In the framework of the prevention of money laundering, the financing of terrorism and corruption (ACT Nº 1.362 AND SOVEREIGN DECREE Nº 2.318 OF AUGUST 3, 2009), every banking establishment must, at the beginning of the relationship and throughout the business relationship:

  • identify all the stakeholders of an account by collecting and keeping track of the proof of identity of each of them,
  • collect any information or documentary evidence to document the characteristics of the business relationship.
  • I. Customer identification

    a) Proof of identity:

    By law, the bank is obliged to know its relations and therefore first of all to identify them.

    To open an account for an individual, they must ask the person to identify themselves (surname, first name, date of birth, address, etc.) and request that they produce a valid official document as proof of identity (essentially an identity document), with a photo and a signature. The bank retains a record of this (photocopy, scanned image of the document presented). There is no list of supporting documents applicable to all banks. Valid originals of an identity card or a passport are commonly accepted by banks. Any other identity documents may be refused if they are considered too easy to falsify or too old.

    To open an account for a legal entity, the identification documents must relate to the company name, the registered office, the legal form, the list of directors and the provisions governing the power to bind the legal person. To this must be added the imperative obligation to identify the natural person(s) who ultimately own or control the legal entity (also called the beneficial owner(s)).

    b) Proof of address:

    In terms of identification, banks are also required to check their client’s residential address. For example, they usually accept a water, gas, electricity or fixed line telephone bill for their private customers, but also a certificate of home insurance, or a proof of residence from social organisations. A recent original will have to be presented which will be returned after being photocopied by the bank. The list of documents accepted as proof of address may differ from one institution to another, and from one country of residence to another. Evidence that does not appear to be reliable enough (for example a mobile phone bill) may be excluded.

    c) Purpose and nature of the relationship:

    The obligation of identification also extends to the obligation for the bank to know and understand the object, the goal and the nature of the business relationship envisaged with them (see section ‘d’ below).

    d) Any relevant information:

    The bank collects all information it deems relevant to knowing its Clientèle, particularly regarding the professional and financial situation of the latter, their economic background, the origin, extent and composition of the client’s fortune as well as the origin of the funds to be entrusted to the bank. Likewise, the bank needs to know and understand the nature, goal and purpose of the relationship envisaged with them, as well as the type, nature and volume of transactions contemplated by the client.
    These provisions are mandatory by the Law relating to the fight against money laundering, the financing of terrorism and corruption.

    II. Account and transaction monitoring

    The bank has a constant duty of care throughout the duration of the business relationship with its clients.

    They are thus required to ensure that the transactions completed with them are legitimate and consistent with the knowledge they have of their customers, their socio-economic environment and their risk profile.

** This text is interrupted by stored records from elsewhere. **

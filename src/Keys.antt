-- ===== src/Keys.antt =====
-- api/routers/keys.py and `generate_api_key` of api/security.py: the API keys of a user. The text
-- that the random generator yields and the identifier of the new row are given.
pub mod Lookup
pub mod Grants
use perzforge.Prelude.{
  ℕ, Bool, true, false, not, ◌&&◌, ◌||◌, Option, none, some, List, [], ◌∷◌, ◌++◌, String, Text,
  codes, filter, find?, any, update_where, take, str_eq, leb, length, ◌==◌, if◌then◌else◌,
}
use perzforge.Schema.{User, ApiKey, Scope, Db}
use perzforge.Http.{Result, ok, err, Error, http, integrity_error}
use perzforge.Auth.{Crypto, has_scope, scopes_allowed_for_role}
use perzforge.RateLimit.Identity.{api_key_prefix}
use perzforge.Pagination.{order_desc}

pub record CreateApiKeyRequest : Type 0 where
  pub name : Text
  pub scopes : List Scope
  pub expires_at : Option ℕ

-- `len(scopes) != len(set(scopes))`
unfoldable pub has_duplicates : List Scope → Bool
has_duplicates [] = false
has_duplicates (scope ∷ scopes) = has_scope scope scopes || has_duplicates scopes

-- The validation of the request; that scopes are known is their type.
unfoldable pub is_valid_request : CreateApiKeyRequest → Bool
unfolding has_duplicates
is_valid_request body =
    leb 1 (length body.name)
    && leb (length body.name) 128
    && leb 1 (length body.scopes)
    && not (has_duplicates body.scopes)

-- The plaintext of a key, from the random text.
unfoldable pub generate_api_key : Text → Text
unfolding api_key_prefix
generate_api_key random = api_key_prefix ++ random

unfoldable pub new_api_key : Crypto → ℕ → ℕ → Text → CreateApiKeyRequest → User → ApiKey
new_api_key c now key_id plaintext body user = record {
  id = key_id;
  user_id = user.id;
  name = body.name;
  key_hash = c.hash_token plaintext;
  prefix = take 8 plaintext;
  scopes = body.scopes;
  expires_at = body.expires_at;
  revoked = false;
  last_used_at = none;
  created_at = now;
}

-- INSERT; hashes and identifiers are unique.
unfoldable pub insert_key : ApiKey → Text → Db → Result (ApiKey × Text) × Db
insert_key key plaintext db =
    if any (λ k. str_eq k.key_hash key.key_hash || k.id == key.id) db.api_keys
    then (err integrity_error, db)
    else (ok (key, plaintext), record db { api_keys = db.api_keys ++ key ∷ [] })

-- The row and the plaintext, which is shown only here.
unfoldable pub create_api_key :
    Crypto → ℕ → ℕ → Text → CreateApiKeyRequest → User → Db → Result (ApiKey × Text) × Db
create_api_key c now key_id random body user db =
    if not (scopes_allowed_for_role user.role body.scopes)
    then (err (http 403 "Requested scopes exceed your role"), db)
    else insert_key (new_api_key c now key_id (generate_api_key random) body user)
        (generate_api_key random) db

unfoldable pub list_api_keys : User → Db → List ApiKey
list_api_keys user db =
    order_desc (λ k. k.created_at) (filter (λ k. k.user_id == user.id) db.api_keys)

abbrev pub revoked_key : ApiKey → ApiKey
revoked_key k = record k { revoked = true }

abbrev pub is_key_of : ℕ → User → ApiKey → Bool
is_key_of key_id user k = k.id == key_id && k.user_id == user.id

abbrev pub revoke_found : Option ApiKey → Db → Result (Unit {0}) × Db
revoke_found none db = (err (http 404 "API key not found"), db)
revoke_found (some key) db =
    (ok tt, record db { api_keys = update_where (λ k. k.id == key.id) revoked_key db.api_keys })

unfoldable pub revoke_api_key : ℕ → User → Db → Result (Unit {0}) × Db
revoke_api_key key_id user db = revoke_found (find? (is_key_of key_id user) db.api_keys) db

    The effectiveness of this monitoring relies heavily on a permanent, systematic and automated monitoring of customer transactions and, secondly, on the updating and maintenance of customer information. In this context, all business relationships are, at least, subject to periodic reviews whose frequency depends on the level of risk assigned to the customer. Therefore, if they deem it relevant for the exercise of their vigilance, the bank may be required to request, at any time during a transaction, and in any event on the occasion of a periodic review of the relationship, an update of personal data and any component of the client’s socio-economic documentation.

    Moreover, in the event of a complex or unusual transaction, especially for cash transactions, the regulations require any banking establishment to obtain from their customers relevant information and supporting documents on this operation, as well as the origin and destination of the funds. This type of transaction will be the subject of a specific and thorough examination by the bank.

    The refusal to provide supporting documents relating to the financial and socio-economic situation, the identity, the home and/or the characteristics of a transaction may give rise to a suspicion of the reality of the information previously communicated, the real motivations of the business relationship, or the legitimacy of a transaction. Such situations may lead the bank to send a suspicious transaction report to its relevant supervisory authority. If the bank is unable to fulfil its due diligence obligations, it may be required to refuse to perform the requested transaction and/or to challenge the established business relationship.

    The competent Monegasque supervisory authority for the fight against money laundering, the financing of terrorism and corruption is the Service d’Information et de Contrôle sur les Circuits Financiers (SICCFIN – see above “Regulatory Framework and Supervisory Authorities in Monaco”).